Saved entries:
* * * * * * * * *

-- ===== src/Auth/Resource/Marks.antt =====
-- src/auth/resource.rs: a canonical URI has no `?` and no `#` in it, nor has its metadata path.
use sml_mcps.Prelude.{
  ℕ, ◌≡◌, ◌<◌, ◌⊎◌, subst, refl, Bool, true, false, not, Option, none, some, [], ◌∷◌, ◌++◌,
  if◌then◌else◌, arith, inl, inr, Bool-cases, ◌==◌,
}
use sml_mcps.Prelude.Text.{Text, text, strip_prefix}
use sml_mcps.Server.Logging.{to_ascii_lowercase, lower_byte}
use sml_mcps.Http1.{Outcome, ok, err}
use sml_mcps.Http1.Response.{contains, is_empty}
use sml_mcps.Origin.{split_once, cut_here, before_cut, without_slash, starts_with_letter}
use sml_mcps.Auth.Resource.{
  metadata_path, parse_trimmed, quoting, parsed_parts, canonical, split_at_slash, origin_and_path,
  behind, well_known,
}

abbrev pub Lacks : ℕ → Text → Type 0
Lacks c t = contains t c ≡ false

Lacks-append : (c : ℕ) (s t : Text) → Lacks c s → Lacks c t → Lacks c (s ++ t)
unfolding contains
Lacks-append c [] t hs ht = ht
Lacks-append c (b ∷ bs) t hs ht = ground (arith, hs, Lacks-append c bs t (ground (arith, hs)) ht)

pub Lacks-split_at_slash :
    (c : ℕ) (t : Text) → Lacks c t → Lacks c (split_at_slash t).0 × Lacks c (split_at_slash t).1
unfolding split_at_slash contains
Lacks-split_at_slash c [] h = (refl, refl)
Lacks-split_at_slash c (b ∷ bs) h =
    let r = Lacks-split_at_slash c bs (ground (arith, h)) in
    elim (Bool-cases (b == b'/')) [
      | inl e ↦ rw e (refl, h)
      | inr e ↦ rw e (ground (arith, h, r.0), r.1)
    ]

Lacks-strip_prefix :
    (c : ℕ) (p t rest : Text) → Lacks c t → strip_prefix p t ≡ some rest → Lacks c rest
unfolding strip_prefix contains
Lacks-strip_prefix c [] t rest h e =
    let same : t ≡ rest = cc in subst (λ (u : Text). Lacks c u) same h
Lacks-strip_prefix c (q ∷ p) [] rest h e = cc
Lacks-strip_prefix c (q ∷ p) (b ∷ bs) rest h e = elim (Bool-cases (q == b)) [
  | inl s ↦
      let inner : strip_prefix p bs ≡ some rest = ground (arith, e, s) in
      Lacks-strip_prefix c p bs rest (ground (arith, h)) inner
  | inr o ↦ ground (arith, e, o)
]

cut_here_parts :
    (o : Option Text) (later : Option (Text × Text)) (a b : Text)
    → cut_here o later ≡ some (a, b)
    → ((o ≡ some b) × (a ≡ [])) ⊎ (later ≡ some (a, b))
cut_here_parts (some rest) later a b e = inl (cc, cc)
cut_here_parts none later a b e = inr e

pub before_cut_parts :
    (c : ℕ) (o : Option (Text × Text)) (a b : Text)
    → before_cut c o ≡ some (a, b)
    → (front : Text) × (o ≡ some (front, b)) × (a ≡ c ∷ front)
before_cut_parts c none a b e = cc
before_cut_parts c (some (front, rest)) a b e = (front, cc, cc)

Lacks-split_once :
    (c : ℕ) (p t a b : Text) → Lacks c t → split_once p t ≡ some (a, b) → Lacks c a × Lacks c b
unfolding split_once contains
Lacks-split_once c p [] a b h e = elim (cut_here_parts (strip_prefix p []) none a b e) [
  | inl (found, front) ↦ (rw front refl, Lacks-strip_prefix c p [] b h found)
  | inr none_left ↦ cc
]
Lacks-split_once c p (d ∷ ds) a b h e =
    elim (cut_here_parts (strip_prefix p (d ∷ ds)) (before_cut d (split_once p ds)) a b e) [
      | inl (found, front) ↦ (rw front refl, Lacks-strip_prefix c p (d ∷ ds) b h found)
      | inr later ↦
          let (front, inner, grows) = before_cut_parts d (split_once p ds) a b later in
          let r = Lacks-split_once c p ds front b (ground (arith, h)) inner in
          (rw grows (ground (arith, h, r.0)), r.1)
    ]

Lacks-lower : (c : ℕ) (t : Text) → c < b'A' → Lacks c t → Lacks c (to_ascii_lowercase t)
unfolding to_ascii_lowercase lower_byte contains
Lacks-lower c [] low h = refl
Lacks-lower c (b ∷ bs) low h = ground (arith, low, h, Lacks-lower c bs low (ground (arith, h)))

Lacks-without_slash : (c : ℕ) (t : Text) → Lacks c t → Lacks c (without_slash t)
unfolding without_slash contains
Lacks-without_slash c [] h = refl
Lacks-without_slash c (b ∷ []) h = ground (arith, h)
Lacks-without_slash c (b ∷ d ∷ ds) h =
    ground (arith, h, Lacks-without_slash c (d ∷ ds) (ground (arith, h)))

-- What passed a guard whose other branch is an error.
pub ok_else :
    (b : Bool) (x : Text) (q : Outcome Text Text) (r : Text)
    → (if b then err x else q) ≡ ok r
    → (b ≡ false) × (q ≡ ok r)
ok_else true x q r e = cc
ok_else false x q r e = (refl, e)

pub ok_same : (a b : Text) → ◌≡◌ {A = Outcome Text Text} (ok a) (ok b) → a ≡ b
ok_same a b e = cc

Lacks-canonical :
    (c : ℕ) (scheme : Text) (parts : Text × Text) (r : Text)
    → c < b'A'
    → Lacks c (text "://")
    → Lacks c scheme
    → Lacks c parts.0 × Lacks c parts.1
    → canonical scheme parts ≡ ok r
    → Lacks c r
unfolding canonical
Lacks-canonical c scheme (authority, path) r low sep hs (ha, hp) e =
    let passed = ok_else (is_empty authority) _ _ r e in
    let same = ok_same _ r passed.1 in
    subst (λ (u : Text). Lacks c u) same
      (Lacks-append c (to_ascii_lowercase scheme)
        (text "://" ++ (to_ascii_lowercase authority ++ without_slash path))
        (Lacks-lower c scheme low hs)
        (Lacks-append c (text "://") (to_ascii_lowercase authority ++ without_slash path) sep (
          Lacks-append c (to_ascii_lowercase authority) (without_slash path)
            (Lacks-lower c authority low ha) (Lacks-without_slash c path hp))))

Lacks-parsed_parts :
    (c : ℕ) (o : Option (Text × Text)) (r : Text)
    → c < b'A'
    → Lacks c (text "://")
    → ((a b : Text) → o ≡ some (a, b) → Lacks c a × Lacks c b)
    → parsed_parts o ≡ ok r
    → Lacks c r
Lacks-parsed_parts c none r low sep parts e = cc
Lacks-parsed_parts c (some (scheme, rest)) r low sep parts e =
    let lettered = ok_else (not (starts_with_letter scheme)) _ _ r e in
    let hosted = ok_else (is_empty rest) _ _ r lettered.1 in
    let lacking = parts scheme rest refl in
    Lacks-canonical c scheme (split_at_slash rest) r low sep lacking.0
      (Lacks-split_at_slash c rest lacking.1) hosted.1

pub quoting_ok : (uri : Text) (o : Outcome Text Text) (r : Text) → quoting uri o ≡ ok r → o ≡ ok r
quoting_ok uri (ok a) r e = e
quoting_ok uri (err a) r e = cc

pub Lacks-parse_trimmed : (uri r : Text) → parse_trimmed uri ≡ ok r → Lacks b'#' r × Lacks b'?' r
unfolding parse_trimmed text contains
Lacks-parse_trimmed uri r e =
    let given = ok_else (is_empty uri) _ _ r e in
    let plain = ok_else (contains uri b'#') _ _ r given.1 in
    let unqueried = ok_else (contains uri b'?') _ _ r plain.1 in
    let parts = split_once (text "://") uri in
    let parsed = quoting_ok uri (parsed_parts parts) r unqueried.1 in
    (
      Lacks-parsed_parts b'#' parts r (omega arith) refl
          (λ a b f. Lacks-split_once b'#' (text "://") uri a b plain.0 f) parsed,
      Lacks-parsed_parts b'?' parts r (omega arith) refl
          (λ a b f. Lacks-split_once b'?' (text "://") uri a b unqueried.0 f) parsed,
    )

Lacks-behind :
    (c : ℕ) (whole : Text) (o : Option (Text × Text))
    → Lacks c whole
    → ((a b : Text) → o ≡ some (a, b) → Lacks c a × Lacks c b)
    → Lacks c (behind whole o).1
Lacks-behind c whole none h parts = (Lacks-split_at_slash c whole h).1
Lacks-behind c whole (some (scheme, rest)) h parts =
    (Lacks-split_at_slash c rest (parts scheme rest refl).1).1

pub Lacks-metadata_path :
    (c : ℕ) (r : Text) → Lacks c well_known → Lacks c r → Lacks c (metadata_path r)
unfolding metadata_path origin_and_path
Lacks-metadata_path c r known h = Lacks-append c well_known (origin_and_path r).1 known (
    Lacks-behind c r (split_once (text "://") r) h
      (λ a b f. Lacks-split_once c (text "://") r a b h f))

* * * * * * * * *

● **Goal of the exercise**: Beginning at the line with "(c : ℕ) (o : Option (Text × Text)) (a" and stopping after the line with "else q) ≡ ok r", please write out every line of the data above exactly and nothing else.

● **Your response**:
    (c : ℕ) (o : Option (Text × Text)) (a b : Text)
    → before_cut c o ≡ some (a, b)
    → (front : Text) × (o ≡ some (front, b)) × (a ≡ c ∷ front)
before_cut_parts c none a b e = cc
before_cut_parts c (some (front, rest)) a b e = (front, cc, cc)

Lacks-split_once :
    (c : ℕ) (p t a b : Text) → Lacks c t → split_once p t ≡ some (a, b) → Lacks c a × Lacks c b
unfolding split_once contains
Lacks-split_once c p [] a b h e = elim (cut_here_parts (strip_prefix p []) none a b e) [
  | inl (found, front) ↦ (rw front refl, Lacks-strip_prefix c p [] b h found)
  | inr none_left ↦ cc
]
Lacks-split_once c p (d ∷ ds) a b h e =
    elim (cut_here_parts (strip_prefix p (d ∷ ds)) (before_cut d (split_once p ds)) a b e) [
      | inl (found, front) ↦ (rw front refl, Lacks-strip_prefix c p (d ∷ ds) b h found)
      | inr later ↦
          let (front, inner, grows) = before_cut_parts d (split_once p ds) a b later in
          let r = Lacks-split_once c p ds front b (ground (arith, h)) inner in
          (rw grows (ground (arith, h, r.0)), r.1)
    ]

Lacks-lower : (c : ℕ) (t : Text) → c < b'A' → Lacks c t → Lacks c (to_ascii_lowercase t)
unfolding to_ascii_lowercase lower_byte contains
Lacks-lower c [] low h = refl
Lacks-lower c (b ∷ bs) low h = ground (arith, low, h, Lacks-lower c bs low (ground (arith, h)))

Lacks-without_slash : (c : ℕ) (t : Text) → Lacks c t → Lacks c (without_slash t)
unfolding without_slash contains
Lacks-without_slash c [] h = refl
Lacks-without_slash c (b ∷ []) h = ground (arith, h)
Lacks-without_slash c (b ∷ d ∷ ds) h =
    ground (arith, h, Lacks-without_slash c (d ∷ ds) (ground (arith, h)))

-- What passed a guard whose other branch is an error.
pub ok_else :
    (b : Bool) (x : Text) (q : Outcome Text Text) (r : Text)
    → (if b then err x else q) ≡ ok r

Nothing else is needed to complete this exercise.